* _What you have to do_
Every record must be retyped as it stands.

··· Input for this task

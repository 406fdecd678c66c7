-- ===== src/Shares/System.antt =====
-- A resource pool on the server, and the writes to it.
use cloudrun.Base.{ℕ, pos, ltb_ℤ, ◌≡◌, Bool, ◌||◌, true, false, some, List}
use cloudrun.Types.{Resource}
use cloudrun.Api.Deployer.{Deployer}
use cloudrun.Api.ResourcePool.{ResourcePool, ResourceUsage}
use cloudrun.Cluster.Outcome.{ok}
use cloudrun.Deploy.Grant.{granted}
use cloudrun.Deploy.Resources.{find_usage, is_short, no_resource, requested, set_usage}
use cloudrun.Deploy.Usage.{apply_found}
use cloudrun.Controllers.Pool.Account.{amount}
use cloudrun.Controllers.Pool.{free_of, sum_usage, zero_resource}

-- The pool, and whether a share was given since what is free was last computed.
pub record Shared : Type 0 where
  pub pool : ResourcePool
  pub stale : Bool

abbrev pub set_free : Resource → ResourcePool → ResourcePool
set_free r p = record p { status = record p.status { free = some r } }

abbrev pub is_negative : Resource → Bool
is_negative r = ltb_ℤ r.cpu (pos 0) || ltb_ℤ r.memory (pos 0)

-- What the containers of a deployer ask for together is an amount of both, not negative.
abbrev pub Asks : Deployer → Type 0
Asks d = (a : ℕ) × (b : ℕ) × (requested d.spec.containers no_resource ≡ amount a b)

-- One write: a grant to a deployer that is not short of what the pool says is free, a release by
-- the search of a deployer's entry, or the accounts, which
-- are not written where what is free would be negative. Grants are those of a scheduler that lets the
-- accounts run between any two, to deployers that ask for amounts.
pub data Step (s t : Shared) : Type 0 where
  grant :
      (d : Deployer) (free : Resource)
      → Asks d
      → s.stale ≡ false
      → s.pool.status.free ≡ some free
      → is_short free (requested d.spec.containers no_resource) ≡ false
      → t ≡ record { pool = granted d s.pool; stale = true }
      → Step s t
  release :
      (d : Deployer) (vs : List ResourceUsage)
      → apply_found (find_usage d 0 s.pool.status.usage) s.pool.status.usage ≡ some vs
      → t ≡ record s { pool = set_usage vs s.pool }
      → Step s t
  account :
      (capacity used : Resource)
      → s.pool.spec.capacity ≡ some capacity
      → sum_usage {S = Unit {0}} s.pool.status.usage zero_resource tt ≡ (ok used, tt)
      → is_negative (free_of capacity used) ≡ false
      → t ≡ record { pool = set_free (free_of capacity used) s.pool; stale = false }
      → Step s t

pub data Reach (s : Shared) : Shared → Type 0 where
  here : Reach s s
  next : {t u : Shared} → Reach s t → Step t u → Reach s u
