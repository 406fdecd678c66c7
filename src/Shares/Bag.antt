-- ===== src/Shares/Bag.antt =====
-- The abstract view of a resource pool: a bag of shares, in no order. Each write to the pool does to
-- the bag what its name says.
use mathlib.Core.Quot
use mathlib.Core.Quot.{Quot, Quot-set}
use mathlib.Core.List.{Perm}
use mathlib.Core.List.Perm
use cloudrun.Base.{ℕ, ◌≡◌, true, ◌⊎◌, List, ◌∷◌}
use cloudrun.Api.Deployer.{Deployer}
use cloudrun.Api.ResourcePool.{ResourceUsage}
use cloudrun.Cluster.Outcome.{Outcome}
use cloudrun.Deploy.Resources.{new_usage, no_resource, remove_at, requested}
use cloudrun.Deploy.Usage.{is_own, own_count}
use cloudrun.Shares.System.{Shared, Step, grant, release, account}

abbrev pub Bag : Type 0
Bag = Quot (Perm {A = ResourceUsage})

abbrev pub view : Shared → Bag
view s = Quot.mk s.pool.status.usage

unfoldable pub put : ResourceUsage → Bag → Bag
put u = Quot.lift Quot-set (λ us. Quot.mk (u ∷ us)) (λ us vs h. Quot.sound (Perm.cons u h))

-- A share of the deployer's is taken out, or it has none, and nothing changes.
abbrev pub Takes : Deployer → List ResourceUsage → List ResourceUsage → Type 0
Takes d us vs =
    ((u : ResourceUsage) × (is_own d u ≡ true) × (◌≡◌ {A = Bag} (Quot.mk us) (put u (Quot.mk vs))))
    ⊎ ((own_count d us ≡ 0) × (◌≡◌ {A = Bag} (Quot.mk vs) (Quot.mk us)))

-- What a step does to the bag: a grant gives its deployer a share of what it asks for, a release takes
-- back one that its deployer holds, if any, and the accounts do nothing.
abbrev pub Does : {s t : Shared} → Step s t → Type 0
Does {s} {t} (grant d _ _ _ _ _ _) =
    view t ≡ put (new_usage d (requested d.spec.containers no_resource)) (view s)
Does {s} {t} (release d _ _ _) = Takes d s.pool.status.usage t.pool.status.usage
Does {s} {t} (account _ _ _ _ _ _) = view t ≡ view s

-- An entry of the deployer's, and the list without it.
abbrev TakenOut : Deployer → ℕ → List ResourceUsage → Type 0
TakenOut d i us = (u : ResourceUsage) × (is_own d u ≡ true) × Perm us (u ∷ remove_at i us)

······

* _Exercise answer_
repository 406fdecd678c66c7
-- ===== src/Shares/System.antt =====
-- A resource pool on the server, and the writes to it.
use cloudrun.Base.{ℕ, pos, ltb_ℤ, ◌≡◌, Bool, ◌||◌, true, false, some, List}
use cloudrun.Types.{Resource}
use cloudrun.Api.Deployer.{Deployer}
use cloudrun.Api.ResourcePool.{ResourcePool, ResourceUsage}
use cloudrun.Cluster.Outcome.{ok}
use cloudrun.Deploy.Grant.{granted}
use cloudrun.Deploy.Resources.{find_usage, is_short, no_resource, requested, set_usage}
use cloudrun.Deploy.Usage.{apply_found}
use cloudrun.Controllers.Pool.Account.{amount}
use cloudrun.Controllers.Pool.{free_of, sum_usage, zero_resource}

-- The pool, and whether a share was given since what is free was last computed.
pub record Shared : Type 0 where
  pub pool : ResourcePool
  pub stale : Bool

abbrev pub set_free : Resource → ResourcePool → ResourcePool
set_free r p = record p { status = record p.status { free = some r } }

abbrev pub is_negative : Resource → Bool
is_negative r = ltb_ℤ r.cpu (pos 0) || ltb_ℤ r.memory (pos 0)

-- What the containers of a deployer ask for together is an amount of both, not negative.
abbrev pub Asks : Deployer → Type 0
Asks d = (a : ℕ) × (b : ℕ) × (requested d.spec.containers no_resource ≡ amount a b)

-- One write: a grant to a deployer that is not short of what the pool says is free, a release by
-- the search of a deployer's entry, or the accounts, which
-- are not written where what is free would be negative. Grants are those of a scheduler that lets the
-- accounts run between any two, to deployers that ask for amounts.
pub data Step (s t : Shared) : Type 0 where
  grant :
      (d : Deployer) (free : Resource)
      → Asks d
      → s.stale ≡ false
      → s.pool.status.free ≡ some free
      → is_short free (requested d.spec.containers no_resource) ≡ false
      → t ≡ record { pool = granted d s.pool; stale = true }
      → Step s t
  release :
      (d : Deployer) (vs : List ResourceUsage)
      → apply_found (find_usage d 0 s.pool.status.usage) s.pool.status.usage ≡ some vs
      → t ≡ record s { pool = set_usage vs s.pool }
      → Step s t
  account :
      (capacity used : Resource)
      → s.pool.spec.capacity ≡ some capacity
      → sum_usage {S = Unit {0}} s.pool.status.usage zero_resource tt ≡ (ok used, tt)
      → is_negative (free_of capacity used) ≡ false
      → t ≡ record { pool = set_free (free_of capacity used) s.pool; stale = false }
      → Step s t

pub data Reach (s : Shared) : Shared → Type 0 where
  here : Reach s s
  next : {t u : Shared} → Reach s t → Step t u → Reach s u
repository 406fdecd678c66c7
filename src/Shares/Bag.antt
-- ===== src/Shares/Bag.antt =====
-- The abstract view of a resource pool: a bag of shares, in no order. Each write to the pool does to
-- the bag what its name says.
use mathlib.Core.Quot
use mathlib.Core.Quot.{Quot, Quot-set}
use mathlib.Core.List.{Perm}
use mathlib.Core.List.Perm
use cloudrun.Base.{ℕ, ◌≡◌, true, ◌⊎◌, List, ◌∷◌}
use cloudrun.Api.Deployer.{Deployer}
use cloudrun.Api.ResourcePool.{ResourceUsage}
use cloudrun.Cluster.Outcome.{Outcome}
use cloudrun.Deploy.Resources.{new_usage, no_resource, remove_at, requested}
use cloudrun.Deploy.Usage.{is_own, own_count}
use cloudrun.Shares.System.{Shared, Step, grant, release, account}

abbrev pub Bag : Type 0
Bag = Quot (Perm {A = ResourceUsage})

abbrev pub view : Shared → Bag
view s = Quot.mk s.pool.status.usage

unfoldable pub put : ResourceUsage → Bag → Bag
put u = Quot.lift Quot-set (λ us. Quot.mk (u ∷ us)) (λ us vs h. Quot.sound (Perm.cons u h))

-- A share of the deployer's is taken out, or it has none, and nothing changes.
abbrev pub Takes : Deployer → List ResourceUsage → List ResourceUsage → Type 0
Takes d us vs =
    ((u : ResourceUsage) × (is_own d u ≡ true) × (◌≡◌ {A = Bag} (Quot.mk us) (put u (Quot.mk vs))))
    ⊎ ((own_count d us ≡ 0) × (◌≡◌ {A = Bag} (Quot.mk vs) (Quot.mk us)))

-- What a step does to the bag: a grant gives its deployer a share of what it asks for, a release takes
-- back one that its deployer holds, if any, and the accounts do nothing.
abbrev pub Does : {s t : Shared} → Step s t → Type 0
Does {s} {t} (grant d _ _ _ _ _ _) =
    view t ≡ put (new_usage d (requested d.spec.containers no_resource)) (view s)
Does {s} {t} (release d _ _ _) = Takes d s.pool.status.usage t.pool.status.usage
Does {s} {t} (account _ _ _ _ _ _) = view t ≡ view s

-- An entry of the deployer's, and the list without it.
abbrev TakenOut : Deployer → ℕ → List ResourceUsage → Type 0
TakenOut d i us = (u : ResourceUsage) × (is_own d u ≡ true) × Perm us (u ∷ remove_at i us)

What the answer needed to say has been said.